## WHAT YOU SHOULD DO
From the data below, set down exactly the lines between the one holding "same→eq p q g, c)" and the one holding "let delete = delete_stale_file", inclusive, and no others.

*** Opening AVAILABLE RECORDS ***

-- ===== src/Mirror/Converge/External.antt =====
-- workspace/pipelinemirror.go: `converge` and the credential files that the box owns.
use workspace_api.Base.{
  ◌≡◌, refl, sym, ap, ◌∙◌, Bool, true, false, not, ◌&&◌, Option, none, some, List, [], Text, same,
  same→eq, has_prefix, has_suffix, codes, is_some, map, lookup, Map, mem, M, ◌>>◌, arith,
  Bool-cases, inl, inr, for_each,
}
use workspace_api.Model.{
  CommitAuthor, DefinitionFile, DefinitionRender, CredentialFile, CredentialRender, RepoFileEntry,
}
use workspace_api.Mirror.World.{RepoClient, World, Mirror, on_repo}
use workspace_api.Mirror.Files.{
  partition_pipeline_tree, is_credential_path, yaml_suffix, age_suffix, sorted_paths,
}
use workspace_api.Mirror.Effects.{IsRepo, Leaves, Leaves-bind, Leaves-for_each}
use workspace_api.Mirror.Converge.{
  for_path, upsert_file, upsert_files, delete_stale_file, delete_stale, delete_stale_rendered_file,
  delete_stale_rendered, upsert_credential_file, upsert_credential_files, converge_credentials,
  converge,
}
use workspace_api.Mirror.Converge.Steps.{
  upsert_file_other, delete_stale_rendered_file_other, delete_stale_file_other,
}
use workspace_api.Mirror.Converge.Credentials.{
  upsert_credential_file_other, upsert_credential_file_external,
}
use workspace_api.Mirror.Converge.Expected.{lookup-partition_yaml, Leaves-for_path}
use workspace_api.Mirror.Converge.Whole.{Leaves-list}

excluded : (a b c d : Bool) → (a && b) ≡ true → ((a && (not b && c)) && d) ≡ false
excluded true true c d h = refl
excluded true false c d h = cc
excluded false b c d h = cc

not_some : {A : Type 0} (o : Option A) → is_some o ≡ false → o ≡ none
not_some none h = refl
not_some (some a) h = cc

-- A path with a file is not a path without.
unlisted :
    {V : Type 0} (files : Map V) (p q : Text) (v : V)
    → lookup p files ≡ some v
    → lookup q files ≡ none
    → same p q ≡ false
unlisted files p q v f g = elim (Bool-cases (same p q)) [
  | inl e ↦ let bad : some v ≡ none = sym f ∙ (ap (λ r. lookup r files) (same→eq p q e) ∙ g) in cc
  | inr e ↦ e
]

-- A credential file is not in the first map of the partition.
yaml_paths :
    (tree : List RepoFileEntry) (q : Text)
    → is_credential_path q ≡ true
    → lookup q (partition_pipeline_tree tree ([], [])).0 ≡ none
unfolding lookup
yaml_paths tree q h = not_some (lookup q (partition_pipeline_tree tree ([], [])).0) (
    lookup-partition_yaml q tree [] []
    ∙ excluded (has_prefix (codes "pipelines/") q) (has_suffix age_suffix q)
        (has_suffix yaml_suffix q) (mem q (map (λ e. e.path) tree)) h)

module _ {R : Type 0} (file : R → Text → Option Text) (client : RepoClient R)
    (repo : IsRepo client file) (author : Option CommitAuthor) (m : Mirror R) where
  Leaves-kept :
      (recipient : Text) (renders : Map CredentialRender) (existing : Map Text)
      (credentials : Map CredentialFile) (p q : Text) (cf cg : CredentialFile)
      → lookup q credentials ≡ some cf
      → lookup p credentials ≡ some cg
      → cf.external ≡ true
      → Leaves file (upsert_credential_file m client author recipient renders existing p cg) q
  Leaves-kept recipient renders existing credentials p q cf cg c f e =
      elim (Bool-cases (same p q)) [
        | inl g ↦
            upsert_credential_file_external file client repo author m recipient renders existing p
              cg q (ground (arith, same→eq p q g, c, f, e))
        | inr g ↦
            upsert_credential_file_other file client repo author m recipient renders existing p cg q
              g
      ]

  Leaves-wanted :
      (credentials : Map CredentialFile) (p sha q : Text) (cf : CredentialFile)
      → lookup q credentials ≡ some cf
      → Leaves file (delete_stale_file client author credentials p sha) q
  unfolding delete_stale_file
  Leaves-wanted credentials p sha q cf c = elim (Bool-cases (same p q)) [
    | inl g ↦ λ w. ground (arith, same→eq p q g, c)
    | inr g ↦ delete_stale_file_other file client repo author credentials p sha q g
  ]

  -- A credential file that the box owns is never touched, whether `converge` succeeds or not, if no
  -- desired definition has its path.
  pub converge-external :
      (slug : Text) (desired : Map DefinitionFile) (credentials : Map CredentialFile)
      (recipient : Text) (renders : Map CredentialRender) (def_renders : Map DefinitionRender)
      (q : Text) (cf : CredentialFile)
      → is_credential_path q ≡ true
      → lookup q desired ≡ none
      → lookup q credentials ≡ some cf
      → cf.external ≡ true
      → (w : World R)
      → file
          (converge m client author slug desired
            (some credentials)
            recipient
            renders
            def_renders
            w).1.repo
          q
        ≡ file w.repo q
  unfolding converge upsert_files delete_stale_rendered converge_credentials upsert_credential_files
      delete_stale delete_stale_file
  converge-external slug desired credentials recipient renders def_renders q cf a d c e =
      Leaves-bind file q (on_repo client.list_tree) _ (Leaves-list file client repo author m q)
        λ tree.
          let parts = partition_pipeline_tree tree ([], []) in
          let upsert : Text → DefinitionFile → M (World R) (Unit {0}) =
            λ p df. upsert_file m client slug author def_renders p df (lookup p parts.0) in
          let collect = delete_stale_rendered_file client author desired in
          let credential = upsert_credential_file m client author recipient renders parts.1 in
          let delete = delete_stale_file client author credentials in
          let first = for_each (sorted_paths desired) (for_path desired upsert) in
          let second = for_each (sorted_paths parts.0) (for_path parts.0 collect) in
          let third = for_each (sorted_paths credentials) (for_path credentials credential) in
          let fourth = for_each (sorted_paths parts.1) (for_path parts.1 delete) in
          Leaves-bind file q (first >> second) (λ _. third >> fourth)
            (Leaves-bind file q first (λ _. second)
              (Leaves-for_each file q (sorted_paths desired) (for_path desired upsert) λ p.
                Leaves-for_path file desired upsert p q λ df f.
                  upsert_file_other file client repo author m slug def_renders p df
                    (lookup p parts.0) q (unlisted desired p q df f d))
              λ _. Leaves-for_each file q (sorted_paths parts.0) (for_path parts.0 collect) λ p.
                Leaves-for_path file parts.0 collect p q λ sha f.
                  delete_stale_rendered_file_other file client repo author desired p sha q
                    (unlisted parts.0 p q sha f (yaml_paths tree q a)))
            λ _.
              Leaves-bind file q third (λ _. fourth)
                (Leaves-for_each file q (sorted_paths credentials) (for_path credentials credential)
                  λ p.
                    Leaves-for_path file credentials credential p q
                      λ cg f. Leaves-kept recipient renders parts.1 credentials p q cf cg c f e)
                λ _. Leaves-for_each file q (sorted_paths parts.1) (for_path parts.1 delete) λ p.
                  Leaves-for_path file parts.1 delete p q
                    λ sha f. Leaves-wanted credentials p sha q cf c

*** Closing AVAILABLE RECORDS ***

## ANSWER BELOW
    | inl g ↦ λ w. ground (arith, same→eq p q g, c)
    | inr g ↦ delete_stale_file_other file client repo author credentials p sha q g
  ]

  -- A credential file that the box owns is never touched, whether `converge` succeeds or not, if no
  -- desired definition has its path.
  pub converge-external :
      (slug : Text) (desired : Map DefinitionFile) (credentials : Map CredentialFile)
      (recipient : Text) (renders : Map CredentialRender) (def_renders : Map DefinitionRender)
      (q : Text) (cf : CredentialFile)
      → is_credential_path q ≡ true
      → lookup q desired ≡ none
      → lookup q credentials ≡ some cf
      → cf.external ≡ true
      → (w : World R)
      → file
          (converge m client author slug desired
            (some credentials)
            recipient
            renders
            def_renders
            w).1.repo
          q
        ≡ file w.repo q
  unfolding converge upsert_files delete_stale_rendered converge_credentials upsert_credential_files
      delete_stale delete_stale_file
  converge-external slug desired credentials recipient renders def_renders q cf a d c e =
      Leaves-bind file q (on_repo client.list_tree) _ (Leaves-list file client repo author m q)
        λ tree.
          let parts = partition_pipeline_tree tree ([], []) in
          let upsert : Text → DefinitionFile → M (World R) (Unit {0}) =
            λ p df. upsert_file m client slug author def_renders p df (lookup p parts.0) in
          let collect = delete_stale_rendered_file client author desired in
          let credential = upsert_credential_file m client author recipient renders parts.1 in
          let delete = delete_stale_file client author credentials in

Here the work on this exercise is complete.